Information Security and Privacy
Keeping client data safeSecurity is the foundation of our organization. SilkRoad Technology solutions have been built to keep your data safe. The SilkRoad Executive Leadership and Board of Directors are committed to preserving the confidentiality, integrity and availability of client data.
All SilkRoad employees are required to complete security, privacy and compliance training during their onboarding experience and on an annual basis. We believe that information security is every employee’s responsibility in their day-to-day operations.
SilkRoad provides best-in-class protection through its hardware, software and operations management. The infrastructure layer is designed in a defense and depth approach to provide the highest levels of system confidentiality, integrity and availability.
SilkRoad leverages industry-leading anti-malware solutions to ensure that any malicious behavior that attempts to penetrate the firewall, IPS and DMZ is caught at the server level and eradicated.
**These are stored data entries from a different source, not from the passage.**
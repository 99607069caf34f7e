-- ===== src/Scheduler/Req.antt =====
-- `Req` of miniinfer/scheduler/scheduler_batch.py. The pool index -1 is `none`; a device tensor of
-- cache slots is a list. The sampling parameters that are floats are not modelled.
pub mod Cached
use mini_infer.Prelude.{
  ℕ, zero, suc, ◌+◌, ◌-◌, ◌≤◌, ◌≡◌, Bool, true, false, Option, none, some, List, [], ◌∷◌, ◌++◌,
  length, leb,
}

-- `finished_reason`
pub data Reason : Type 0 where
  unfinished eos max_tokens_reached : Reason

pub record Req : Type 0 where
  pub req_id : ℕ
  pub origin_input_ids : List ℕ
  pub output_ids : List ℕ
  pub fill_ids : List ℕ
  pub max_tokens : ℕ
  pub is_retracted : Bool
  pub ever_retracted : Bool
  pub finished : Bool
  pub finished_reason : Reason
  pub req_pool_idx : Option ℕ
  pub extend_input_len : ℕ
  pub prefix_indices : List ℕ
  pub last_node : Option ℕ
  pub cache_protected_len : ℕ
  pub is_chunked : Bool
  pub chunked_prefill_len : ℕ
  pub total_input_len : ℕ
  pub cached_seq_len : ℕ
  pub cached_last_token : Option ℕ

-- `Req.__init__`, with the next value of the counter.
unfoldable pub new_req : ℕ → List ℕ → ℕ → Req
new_req id token_ids max_tokens = record {
  req_id = id;
  origin_input_ids = token_ids;
  output_ids = [];
  fill_ids = [];
  max_tokens = max_tokens;
  is_retracted = false;
  ever_retracted = false;
  finished = false;
  finished_reason = unfinished;
  req_pool_idx = none;
  extend_input_len = 0;
  prefix_indices = [];
  last_node = none;
  cache_protected_len = 0;
  is_chunked = false;
  chunked_prefill_len = 0;
  total_input_len = length token_ids;
  cached_seq_len = length token_ids;
  cached_last_token = none;
}

unfoldable pub remaining_prefill_len : Req → ℕ
remaining_prefill_len r = r.total_input_len - r.chunked_prefill_len - r.cache_protected_len

unfoldable pub is_prefill_complete : Req → Bool
is_prefill_complete r = leb r.total_input_len (r.chunked_prefill_len + r.cache_protected_len)

unfoldable pub current_seq_len : Req → ℕ
current_seq_len r = r.cached_seq_len

unfoldable pub append_output_token : ℕ → Req → Req
append_output_token token_id r = record r {
  output_ids = r.output_ids ++ token_id ∷ [];
  cached_seq_len = r.cached_seq_len + 1;
  cached_last_token = some token_id;
}

-- `xs[-1]` of a list that may be empty.
unfoldable pub last_of {ℓ} : {A : Type ℓ} → List A → Option A
last_of [] = none
last_of (x ∷ []) = some x
last_of (x ∷ y ∷ xs) = last_of (y ∷ xs)

-- The token, and the request with the cache filled.
unfoldable pub get_last_token : Req → Option ℕ × Req
unfolding last_of
get_last_token r = elim r.cached_last_token [
  | some t ↦ (some t, r)
  | none ↦ (last_of r.output_ids, record r { cached_last_token = last_of r.output_ids })
]

-- What `_check_decode_mem` writes to a request that it takes out of the running batch.
unfoldable pub retract : Req → Req
retract r = record r {
  is_retracted = true;
  ever_retracted = true;
  finished = false;
  is_chunked = false;
  output_ids = [];
  fill_ids = [];
  prefix_indices = [];
  cache_protected_len = 0;
  last_node = none;
  extend_input_len = 0;
  req_pool_idx = none;
  cached_seq_len = length r.origin_input_ids;
  cached_last_token = none;
}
SilkRoad leverages security solutions to continuously monitor the performance and safety of its solutions and network to mitigate risks and prevent system delays or outages.
System Monitoring and Redundancy
SilkRoad’s IT infrastructure is subject to annual penetration testing and scanned monthly for vulnerabilities using industry-leading technology. A portfolio of tools is used to alert responsible groups of component failures and thresholds indicating problems.
SilkRoad strives to eliminate any single point of failure by maintaining a highly available, secure environment that is ready for immediate failover. This is done through process flow among multiple devices and multiple service providers. This function is tested annually through our SOC 2 audit.
Security governance, risk and compliance
These policies and practices are evaluated semi-annually through internal review and annually by an independent SOC 2 audit.
General Data Protection Regulation
SilkRoad Technology also meets the requirements defined by the Swiss-U.S. Privacy Shield Framework and the EU-U.S. Privacy Shield Framework. These requirements are examined yearly.
Personally Identifiable Information
Data commonly accepted as sensitive and needing encryption would be social security numbers, drivers license numbers and bank account numbers, as well as other fields determined by the client.
SilkRoad Technology clients can remain confident their data is protected, and the usability and availability of their data are preserved.